┏━━

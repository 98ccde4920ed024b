-- ===== src/Db/Disks.antt =====
-- internal/db/disks.go
use varis.Base.{
  ℕ, ◌+◌, Bool, true, false, ◌&&◌, List, [], ◌∷◌, ◌++◌, map, Option, none, some, ltb, ◌==◌,
  if◌then◌else◌, Text, codes, text_eq, contains, message, ok, err,
}
use varis.Base.Effect.{Effect, pure, throw, ◌>>=◌, ◌>>◌}
use varis.Db.{
  Catalog, Disk, DiskGroup, FileRecord, MediaType, Postgres, statement, foreign_key_violation,
  unique_violation, id_drawn,
}
use varis.Db.Ids.{format_disk_id}

-- `id LIKE prefix || ':%'`, for a prefix of letters and digits.
unfoldable pub has_prefix : Text → Text → Bool
has_prefix [] id = true
has_prefix (p ∷ prefix) [] = false
has_prefix (p ∷ prefix) (c ∷ id) = p == c && has_prefix prefix id

unfoldable pub count_disks : Text → List Disk → ℕ
count_disks prefix [] = 0
count_disks prefix (d ∷ disks) =
    let more = count_disks prefix disks in
    if has_prefix (prefix ++ b':' ∷ []) d.id then 1 + more else more

abbrev pub disk_ids : List Disk → List Text
disk_ids = map (λ d. d.id)

-- `SELECT … WHERE id = $1`
unfoldable pub find_disk : Text → List Disk → Option Disk
find_disk id [] = none
find_disk id (d ∷ disks) = if text_eq d.id id then some d else find_disk id disks

-- `ORDER BY slot_index`: nulls come last.
abbrev pub slot_before : Option ℕ → Option ℕ → Bool
slot_before (some a) (some b) = ltb a b
slot_before (some a) none = true
slot_before none _ = false

unfoldable pub insert_by_slot : Disk → List Disk → List Disk
insert_by_slot d [] = d ∷ []
insert_by_slot d (e ∷ disks) =
    let later = insert_by_slot d disks in
    if slot_before d.slot_index e.slot_index then d ∷ e ∷ disks else e ∷ later

unfoldable pub select_group : Text → List Disk → List Disk
unfolding insert_by_slot
select_group group_id [] = []
select_group group_id (d ∷ disks) =
    let more = select_group group_id disks in
    elim d.group_id [
      | none ↦ more
      | some g ↦ (if text_eq g group_id then insert_by_slot d more else more)
    ]

-- `WHERE is_dry_run ORDER BY created_at DESC`
unfoldable pub insert_newest : Disk → List Disk → List Disk
insert_newest d [] = d ∷ []
insert_newest d (e ∷ disks) =
    let later = insert_newest d disks in
    if ltb d.created_at e.created_at then e ∷ later else d ∷ e ∷ disks

unfoldable pub select_dry_runs : List Disk → List Disk
unfolding insert_newest
select_dry_runs [] = []
select_dry_runs (d ∷ disks) =
    let more = select_dry_runs disks in if d.is_dry_run then insert_newest d more else more

abbrev pub group_ids : List DiskGroup → List Text
group_ids = map (λ g. g.id)

abbrev pub media_names : List MediaType → List Text
media_names = map (λ m. m.name)

-- A reference to a group: null, or one of the table's ids.
abbrev pub is_known_group : Catalog → Option Text → Bool
is_known_group db none = true
is_known_group db (some g) = contains g (group_ids db.disk_groups)

unfoldable pub is_dry_run_disk : Text → List Disk → Bool
unfolding find_disk
is_dry_run_disk id disks = elim (find_disk id disks) [ none ↦ false | some d ↦ d.is_dry_run ]

unfoldable pub delete_files : Text → List FileRecord → List FileRecord
delete_files disk_id [] = []
delete_files disk_id (f ∷ files) =
    let more = delete_files disk_id files in if text_eq f.disk_id disk_id then more else f ∷ more

unfoldable pub delete_dry_run_row : Text → List Disk → List Disk
delete_dry_run_row id [] = []
delete_dry_run_row id (d ∷ disks) =
    let more = delete_dry_run_row id disks in
    if text_eq d.id id && d.is_dry_run then more else d ∷ more

-- `DELETE FROM files WHERE disk_id = $1 AND EXISTS (…)`
abbrev pub delete_dry_run_files : Text → Effect Catalog (Unit {0})
delete_dry_run_files id db = (
  ok tt,
  record db { files = if is_dry_run_disk id db.disks then delete_files id db.files else db.files },
)

-- `DELETE FROM disks WHERE id = $1 AND is_dry_run`: a disc with file rows cannot be deleted, since
-- `files.disk_id` refers to it.
abbrev pub delete_dry_run_disk : Text → Effect Catalog (Unit {0})
delete_dry_run_disk id db =
    if is_dry_run_disk id db.disks && contains id (map (λ f. f.disk_id) db.files)
    then (err foreign_key_violation, db)
    else (ok tt, record db { disks = delete_dry_run_row id db.disks })

module _ (pg : Postgres) where
  unfoldable pub insert_disk_group : Text → ℕ → Effect Catalog Text
  insert_disk_group burn_job_id group_size = statement pg λ db.
      let id = pg.uuid db.drawn in
      let g : DiskGroup = record { id = id; burn_job_id = burn_job_id; group_size = group_size } in
      if contains id (group_ids db.disk_groups)
      then (err unique_violation, id_drawn db)
      else (ok id, record db { disk_groups = db.disk_groups ++ g ∷ []; drawn = db.drawn + 1 })

  unfoldable pub next_disk_id : Text → ℕ → Effect Catalog Text
  unfolding count_disks
  next_disk_id prefix already_allocated = do
    count ← statement pg (λ db. (ok (count_disks prefix db.disks), db))
    pure (format_disk_id prefix (count + already_allocated + 1))

  -- The columns `created_at` and `is_dry_run`, and the constraints of schema.sql.
  unfoldable pub insert_disk : Disk → Effect Catalog (Unit {0})
  insert_disk d = statement pg λ db.
      if contains d.id (disk_ids db.disks)
      then (err unique_violation, db)
      else if contains d.media_type (media_names db.media_types) && is_known_group db d.group_id
      then (
        ok tt,
        record db { disks = db.disks ++ record d { created_at = pg.now db.statements } ∷ [] },
      )
      else (err foreign_key_violation, db)

  unfoldable pub get_disk : Text → Effect Catalog Disk
  unfolding find_disk
  get_disk id = do
    row ← statement pg (λ db. (ok (find_disk id db.disks), db))
    elim row [ none ↦ throw (message (codes "disk %s not found") (id ∷ [])) | some d ↦ pure d ]

  unfoldable pub group_members : Text → Effect Catalog (List Disk)
  unfolding select_group
  group_members group_id = statement pg λ db. (ok (select_group group_id db.disks), db)

  unfoldable pub list_dry_run_disks : Effect Catalog (List Disk)
  unfolding select_dry_runs
  list_dry_run_disks = statement pg λ db. (ok (select_dry_runs db.disks), db)

  unfoldable pub delete_dry_run_disc : Text → Effect Catalog (Unit {0})
  delete_dry_run_disc id =
      statement pg (delete_dry_run_files id) >> statement pg (delete_dry_run_disk id)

┗━━

EXERCISE BRIEF:
In the listing, return each line containing the string "throw".

OUTPUT FOR THIS TASK:
use varis.Base.Effect.{Effect, pure, throw, ◌>>=◌, ◌>>◌}
    elim row [ none ↦ throw (message (codes "disk %s not found") (id ∷ [])) | some d ↦ pure d ]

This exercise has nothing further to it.